And he had nobody else to blame but himself.

Why couldn't he tell Naomi he loved her?

She deserved the affirmation, at least, if not an over-the-top dramatic confession that would mark the beginning of their relationship.

Naomi Wu deserved the world.

But at the last possible moment, he blew it.

All because he couldn't lie to her beautiful face.

The truth was, Leon had no clue what love meant. He cared for Naomi, that much was true. Even the thought of being apart from her made his heart twist with incredible yearning. But saying 'I love you' aloud was always going to be a mammoth task where he was concerned.

When he was younger, Leon had no problem with the phrase, offering it freely and recklessly, even to the point where it became a desperate plea to get someone to stay.

More specifically, his mother.

And look where that got him. Catastrophically messed up with the aversion to those three simple words.
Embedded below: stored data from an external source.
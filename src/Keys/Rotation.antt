-- ===== src/Keys/Rotation.antt =====
-- `rotate_key` re-encrypts: it gives a secret a new key and leaves every text readable.
use phantom_share.Prelude.{
  ℕ, ◌+◌, ◌≡◌, refl, sym, ◌∙◌, String, false, inl, inr, some, none, arith, ◌==◌, ==→≡, Bool-cases,
}
use mathlib.Core.Path.{subst}
use phantom_share.Result.{ok, or_raise, >>=-eq-ok, or_raise-eq-ok, ok-value, ok-state}
use phantom_share.Sql.{select_one, max_of, exists}
use phantom_share.Sql.Laws.{
  select_one-insert_old, select_one-insert_new, select_one-update_self, select_one-update_ne,
  select_one_sound,
}
use phantom_share.Sql.Counting.{select_top-insert, max_of-update, exists-max_of}
use phantom_share.Schema.{
  Db, SecretRow, KeyRow, VersionRow, secret_is, key_of, key_is, version_is, version_of,
}
use phantom_share.Crypto.{Bytes, Primitives, Draw, encrypt_content, decrypt_content}
use phantom_share.Crypto.Laws.{unwrap_dek-wrap_dek, decrypt_content-encrypt_content}
use phantom_share.Keys.{
  version_number, new_key, get_dek_for_secret, create_version_key, rotate_key, reencrypt, rekeyed,
}
use phantom_share.Content.{open_current, open_version, IsManaged, number}
use phantom_share.Content.Laws.{open_current-open_version, open_version_keeps}

-- The number of the next key of a secret is free.
pub key_free :
    (id : ℕ) (db : Db)
    → exists (key_is id (max_of (key_of id) version_number db.secret_keys + 1)) db.secret_keys
      ≡ false
key_free id db =
    let n = max_of (key_of id) version_number db.secret_keys in
    exists-max_of (key_of id) (key_is id (n + 1)) version_number (n + 1) db.secret_keys
      (λ r e. ground arith) (omega arith)

module _ (prims : Primitives) (id : ℕ) (plaintext : String) (draw : Draw) (now : ℕ) (db : Db)
    (m : IsManaged id db) where
  abbrev rotated : ℕ × Db
  rotated = reencrypt prims id m.secret plaintext draw now db

  abbrev cipher : String × String
  cipher = encrypt_content prims plaintext draw.dek draw.nonce

  abbrev key_number : ℕ
  key_number = max_of (key_of id) version_number db.secret_keys + 1

  pub rotated-IsManaged : IsManaged id rotated.1
  unfolding reencrypt create_version_key
  rotated-IsManaged = record {
    secret = record m.secret { content = some cipher.0; nonce = some cipher.1 };
    secret_found = select_one-update_self (secret_is id) _ db.secrets (λ r. refl) m.secret_found;
    current = record m.current {
      content = some cipher.0;
      nonce = some cipher.1;
      key_version = some key_number;
    };
    current_found =
        select_one-update_self (version_is id m.secret.current_version) _ db.secret_versions
          (λ r. refl) m.current_found;
    same_content = refl;
    same_nonce = refl;
    key = new_key prims id draw key_number (some now);
    latest_key =
        select_top-insert (key_of id) version_number _ db.secret_keys (ground arith) (omega arith);
    key_found =
        select_one-insert_new (key_is id key_number) _ db.secret_keys (key_free id db)
          (ground arith);
    key_named = refl;
    last_version =
        rw
          (max_of-update (version_of id) number (version_is id m.secret.current_version)
            (rekeyed cipher key_number) db.secret_versions (λ r. refl) (λ r. refl))
          m.last_version;
  }

  pub rotated-open_current : open_current prims id rotated.1 ≡ ok plaintext
  unfolding open_current get_dek_for_secret rotated-IsManaged
  rotated-open_current =
      rw (rotated-IsManaged.secret_found, rotated-IsManaged.latest_key)
        (rw (unwrap_dek-wrap_dek prims draw.dek draw.dek_nonce)
          (decrypt_content-encrypt_content prims plaintext draw.dek draw.nonce))

  rotated_current : open_version prims id m.secret.current_version rotated.1 ≡ ok plaintext
  unfolding rotated-IsManaged
  rotated_current =
      sym (open_current-open_version prims id rotated.1 rotated-IsManaged) ∙ rotated-open_current

  -- A version other than the current one is found as before.
  rotated_other :
      (v : ℕ)
      → (v == m.secret.current_version) ≡ false
      → (r : VersionRow) → select_one (version_is id v) db.secret_versions ≡ some r
      → select_one (version_is id v) rotated.1.secret_versions ≡ some r
  unfolding reencrypt create_version_key
  rotated_other v ne r found =
      let at = select_one_sound (version_is id v) db.secret_versions found in
      select_one-update_ne (version_is id v) (version_is id m.secret.current_version) _
        db.secret_versions (λ s. refl) (ground arith) found

  rotated_key :
      (k : ℕ) (r : KeyRow)
      → select_one (key_is id k) db.secret_keys ≡ some r
      → select_one (key_is id k) rotated.1.secret_keys ≡ some r
  unfolding reencrypt create_version_key
  rotated_key k r = select_one-insert_old (key_is id k) _ db.secret_keys

  -- Where the text that is encrypted anew is the current one, every version stays readable.
  rotated-open_version :
      open_current prims id db ≡ ok plaintext
      → (v : ℕ) (p : String) → open_version prims id v db ≡ ok p
      → open_version prims id v rotated.1 ≡ ok p
  rotated-open_version shown v p h = elim (Bool-cases (v == m.secret.current_version)) [
    | inl same ↦
        let e : v ≡ m.secret.current_version = ==→≡ v m.secret.current_version same in
        let was : ok plaintext ≡ ok p =
          sym shown ∙ open_current-open_version prims id db m ∙ (rw e at h) in
        rw e (rotated_current ∙ was)
    | inr ne ↦ open_version_keeps prims id v db rotated.1 (rotated_other v ne) rotated_key h
  ]

-- What a re-encryption achieves: the row of the secret has a new ciphertext and is otherwise what it
-- was, and every text is the one it was.
pub record Rotated (prims : Primitives) (id : ℕ) (old : SecretRow) (db db' : Db) : Type 0 where
  pub managed : IsManaged id db'
  pub row :
      managed.secret ≡ record old { content = managed.secret.content; nonce = managed.secret.nonce }
  pub shown : open_current prims id db' ≡ open_current prims id db
  pub history :
      (v : ℕ) (p : String) → open_version prims id v db ≡ ok p → open_version prims id v db' ≡ ok p

rotated-Rotated :
    (prims : Primitives) (id : ℕ) (p : String) (draw : Draw) (now : ℕ) (db : Db)
    (m : IsManaged id db)
    → open_current prims id db ≡ ok p
    → Rotated prims id m.secret db (rotated prims id p draw now db m).1
unfolding rotated-IsManaged
rotated-Rotated prims id p draw now db m opens = record {
  managed = rotated-IsManaged prims id p draw now db m;
  row = refl;
  shown = rotated-open_current prims id p draw now db m ∙ sym opens;
  history = rotated-open_version prims id p draw now db m opens;
}

module _ (prims : Primitives) (id : ℕ) (draw : Draw) (now : ℕ) (db : Db) (m : IsManaged id db) where
  open_managed :
      {dek : Bytes} {p : String}
      → get_dek_for_secret prims id none db.secret_keys ≡ ok dek
      → decrypt_content prims m.secret.content m.secret.nonce dek ≡ ok p
      → open_current prims id db ≡ ok p
  unfolding open_current
  open_managed found shown = rw m.secret_found (rw found shown)

  -- A rotation of a managed secret that succeeds gives it a key with the next number. The secret stays
  -- managed, a reader is shown the same text, and every version stays readable with the text it had.
  pub rotate_key-Rotated :
      {n : ℕ} {db' : Db}
      → rotate_key prims id draw now db ≡ ok (n, db')
      → (n ≡ max_of (key_of id) version_number db.secret_keys + 1)
        × Rotated prims id m.secret db db'
  unfolding rotate_key reencrypt create_version_key
  rotate_key-Rotated {n} {db'} h =
      let (row, found, u) =
        >>=-eq-ok (or_raise (select_one (secret_is id) db.secrets) _) _ {b = (n, db')} h in
      let same : row ≡ m.secret = cc (m.secret_found, or_raise-eq-ok _ _ found) in
      let (dek, got, u2) =
        >>=-eq-ok (get_dek_for_secret prims id none db.secret_keys) _ {b = (n, db')}
          (rw same at u) in
      let (p, shown, answer) =
        >>=-eq-ok (decrypt_content prims m.secret.content m.secret.nonce dek) _ {b = (n, db')} u2 in
      let opens = open_managed got shown in
      (
        sym (ok-value answer) ∙ rotated_number p,
        subst (Rotated prims id m.secret db) (ok-state answer)
            (rotated-Rotated prims id p draw now db m opens),
      )
    where
      rotated_number :
          (p : String)
          → (reencrypt prims id m.secret p draw now db).0
            ≡ max_of (key_of id) version_number db.secret_keys + 1
      rotated_number p = refl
Leon had hoped Naomi would've been more understanding of this. Although now, he realized how selfish he was to even consider that fact. After all, Naomi Wu deserved the world, and by default, someone categorically better than him.

So Leon conceded defeat and let her go, even if the vision of Naomi in someone else's arms made him want to drive his fist through a drywall.

"I'm guessing something happened between you two in Thailand?" Hank's voice speared through his subconscious.

"Is it that obvious?" he retorted flatly.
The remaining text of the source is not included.